You have no portindex right now, so as far as your MacPorts knows, there are no ports in the tree, so you cannot install any ports.


> This is a mac after a major repair with replaced motherboard. My admin made a backup copy on HD and reinstalled most back from Sierra to Mojave. Macports worked fine before when I installed back in 2017.

Ok, you replaced the logic board and backed up your disk, erased it, and restored it. How was the backup and restore accomplished? Time Machine? Carbon Copy Cloner? SuperDuper? Something else?
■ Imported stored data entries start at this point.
-- ===== src/Parser/HeaderLines/Frame.antt =====
-- webcc/parser.cc: reading one line leaves `pending_data_` and the end of the headers alone, and does
-- not depend on the data that waits.
use devops_workshop.Numbers.{stoul, ℤ, stoi}
use devops_workshop.Http.Globals.{split2}
use devops_workshop.Http.Content.{ContentType, content_type, valid}
use devops_workshop.Parser.State.{
  Parser, Kind, of_request, of_response, Env, Outcome, ok, reject, throws, spent, with_message,
}
use devops_workshop.Parser.HeaderLines.{
  take_words, parse_start_line, take_status, take_status_words, parse_status_line, start_line_of,
  take_length, take_type, take_header, take_field, parse_header_line, take_line,
}
use devops_workshop.Prelude.{
  ℕ, ◌≡◌, inl, inr, refl, Bool, true, false, not, Option, none, some, List, [], ◌∷◌, ◌++◌,
  if◌then◌else◌, Bool-cases,
}
use devops_workshop.Bytes.{Text, codes}

-- the parser with more data behind what waits
abbrev pub push : Text → Parser → Parser
push more p = record p { pending = p.pending ++ more }

abbrev pub shift : Text → Outcome → Outcome
shift more (ok p) = ok (push more p)
shift more (reject p) = reject (push more p)
shift more throws = throws
shift more spent = spent

-- A line is accepted or refused, and leaves these members alone.
abbrev pub Keeps : Parser → Outcome → Type 0
Keeps p (ok q) = (q.pending ≡ p.pending) × (q.header_ended ≡ p.header_ended) × (q.step ≡ p.step)
Keeps p (reject q) = Unit
Keeps p throws = ⊥
Keeps p spent = ⊥

module _ (env : Env) where
  take_words-shift :
      (more : Text) (words : List Text) (p : Parser)
      → take_words env words (push more p) ≡ shift more (take_words env words p)
  take_words-shift more [] p = refl
  take_words-shift more (a ∷ []) p = refl
  take_words-shift more (a ∷ b ∷ []) p = refl
  take_words-shift more (a ∷ b ∷ c ∷ []) p = refl
  take_words-shift more (a ∷ b ∷ c ∷ d ∷ w) p = refl

  take_words-Keeps : (words : List Text) (p : Parser) → Keeps p (take_words env words p)
  take_words-Keeps [] p = tt
  take_words-Keeps (a ∷ []) p = tt
  take_words-Keeps (a ∷ b ∷ []) p = tt
  take_words-Keeps (a ∷ b ∷ c ∷ []) p = (refl, refl, refl)
  take_words-Keeps (a ∷ b ∷ c ∷ d ∷ w) p = tt

  take_status-shift :
      (more : Text) (o : Option ℤ) (p : Parser)
      → take_status env o (push more p) ≡ shift more (take_status env o p)
  take_status-shift more none p = refl
  take_status-shift more (some n) p = refl

  take_status-Keeps : (o : Option ℤ) (p : Parser) → Keeps p (take_status env o p)
  take_status-Keeps none p = tt
  take_status-Keeps (some n) p = (refl, refl, refl)

  take_status_words-shift :
      (more : Text) (words : List Text) (p : Parser)
      → take_status_words env words (push more p) ≡ shift more (take_status_words env words p)
  take_status_words-shift more [] p = refl
  take_status_words-shift more (a ∷ []) p = refl
  take_status_words-shift more (a ∷ b ∷ []) p = refl
  take_status_words-shift more (a ∷ b ∷ c ∷ w) p = take_status-shift more (stoi b) p

  take_status_words-Keeps :
      (words : List Text) (p : Parser) → Keeps p (take_status_words env words p)
  take_status_words-Keeps [] p = tt
  take_status_words-Keeps (a ∷ []) p = tt
  take_status_words-Keeps (a ∷ b ∷ []) p = tt
  take_status_words-Keeps (a ∷ b ∷ c ∷ w) p = take_status-Keeps (stoi b) p

  start_line_of-shift :
      (more : Text) (k : Kind) (line : Text) (p : Parser)
      → start_line_of env k line (push more p) ≡ shift more (start_line_of env k line p)
  unfolding parse_start_line parse_status_line
  start_line_of-shift more of_request line p = take_words-shift more (env.boost.split_spaces line) p
  start_line_of-shift more of_response line p =
      take_status_words-shift more (env.boost.split_spaces line) p

  start_line_of-Keeps : (k : Kind) (line : Text) (p : Parser) → Keeps p (start_line_of env k line p)
  unfolding parse_start_line parse_status_line
  start_line_of-Keeps of_request line p = take_words-Keeps (env.boost.split_spaces line) p
  start_line_of-Keeps of_response line p = take_status_words-Keeps (env.boost.split_spaces line) p

  take_length-shift :
      (more : Text) (o : Option ℕ) (name value : Text) (p : Parser)
      → take_length env o name value (push more p) ≡ shift more (take_length env o name value p)
  take_length-shift more none name value p = refl
  take_length-shift more (some n) name value p = elim (Bool-cases (env.can_reserve n)) [
    | inl e ↦ rw e
    | inr e ↦ rw e
  ]

  take_length-Keeps :
      (o : Option ℕ) (name value : Text) (p q : Parser)
      → q.pending ≡ p.pending
      → q.header_ended ≡ p.header_ended
      → q.step ≡ p.step
      → Keeps p (take_length env o name value q)
  take_length-Keeps none name value p q a b c = tt
  take_length-Keeps (some n) name value p q a b c = elim (Bool-cases (env.can_reserve n)) [
    | inl e ↦ rw e (a, b, c)
    | inr e ↦ rw e tt
  ]

  take_type-shift :
      (more : Text) (c : ContentType) (name value : Text) (p : Parser)
      → take_type env c name value (push more p) ≡ shift more (take_type env c name value p)
  take_type-shift more c name value p = elim (Bool-cases (valid c)) [ inl e ↦ rw e | inr e ↦ rw e ]

  take_type-Keeps :
      (c : ContentType) (name value : Text) (p : Parser) → Keeps p (take_type env c name value p)
  take_type-Keeps c name value p = elim (Bool-cases (valid c)) [
    | inl e ↦ rw e (refl, refl, refl)
    | inr e ↦ rw e tt
  ]

  -- the same for a choice between outcomes
  shift-if :
      (more : Text) (b : Bool) (s t s' t' : Outcome)
      → s ≡ shift more s'
      → t ≡ shift more t'
      → (if b then s else t) ≡ shift more (if b then s' else t')
  shift-if more true s t s' t' e f = e
  shift-if more false s t s' t' e f = f

  Keeps-if :
      (p : Parser) (b : Bool) (s t : Outcome) → Keeps p s → Keeps p t → Keeps p (if b then s else t)
  Keeps-if p true s t e f = e
  Keeps-if p false s t e f = f

  take_header-shift :
      (more name value : Text) (p : Parser)
      → take_header env name value (push more p) ≡ shift more (take_header env name value p)
  take_header-shift more name value p =
      shift-if more (env.boost.iequals name (codes "Content-Length")) _ _ _ _
        (take_length-shift more (stoul 10 value) name value
          (record p { content_length_parsed = true }))
        (shift-if more (env.boost.iequals name (codes "Content-Type")) _ _ _ _
          (take_type-shift more (content_type env.boost value) name value p)
          (shift-if more (env.boost.iequals name (codes "Transfer-Encoding")) _ _ _ _ refl refl))

  take_header-Keeps : (name value : Text) (p : Parser) → Keeps p (take_header env name value p)
  take_header-Keeps name value p =
      Keeps-if p (env.boost.iequals name (codes "Content-Length")) _ _
        (take_length-Keeps (stoul 10 value) name value p (record p { content_length_parsed = true })
          refl refl refl)
        (Keeps-if p (env.boost.iequals name (codes "Content-Type")) _ _
          (take_type-Keeps (content_type env.boost value) name value p)
          (Keeps-if p (env.boost.iequals name (codes "Transfer-Encoding")) _ _ (refl, refl, refl)
            (refl, refl, refl)))

  take_field-shift :
      (more : Text) (o : Option (Text × Text)) (p : Parser)
      → take_field env o (push more p) ≡ shift more (take_field env o p)
  take_field-shift more none p = refl
  take_field-shift more (some (name, value)) p = take_header-shift more name value p

  take_field-Keeps : (o : Option (Text × Text)) (p : Parser) → Keeps p (take_field env o p)
  take_field-Keeps none p = tt
  take_field-Keeps (some (name, value)) p = take_header-Keeps name value p

  pub take_line-shift :
      (more line : Text) (p : Parser)
      → take_line env line (push more p) ≡ shift more (take_line env line p)
  unfolding take_line parse_header_line
  take_line-shift more line p =
      shift-if more (not p.start_line_parsed) _ _ _ _
        (start_line_of-shift more env.kind line (
          with_message (λ m. record m { start_line = line })
            (record p { start_line_parsed = true })))
        (take_field-shift more (split2 env.boost line b':') p)

  pub take_line-Keeps : (line : Text) (p : Parser) → Keeps p (take_line env line p)
  unfolding take_line parse_header_line
  take_line-Keeps line p =
      Keeps-if p (not p.start_line_parsed) _ _
        (start_line_of-Keeps env.kind line (
          with_message (λ m. record m { start_line = line })
            (record p { start_line_parsed = true })))
        (take_field-Keeps (split2 env.boost line b':') p)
I know from personal experience that Carbon Copy Cloner reliably clones disks. My understanding is that SuperDuper does too. If your admin used one of those two methods, it should be working.

I know from personal experience that restoring from a Time Machine backup does not restore MacPorts user accounts correctly -- Apple "helpfully" moves all user accounts to /Users, which breaks the macports user and all of the users that MacPorts ports might create. If you have restored using Time Machine, you'll have to find all the user account directories that were moved to /Users and move them back where they belong, and use dscl to fix the home directory entry for each user account as well. Last time I had to restore from Time Machine, sorting this out was a real mess, so I hope this is not the situation you're in...

And as Chris said, if you upgraded from Sierra to Mojave, you'll need to follow the migration instructions. Did you? The fact that the port command isn't complaining about this suggests that you already at least reinstalled MacPorts for Mojave.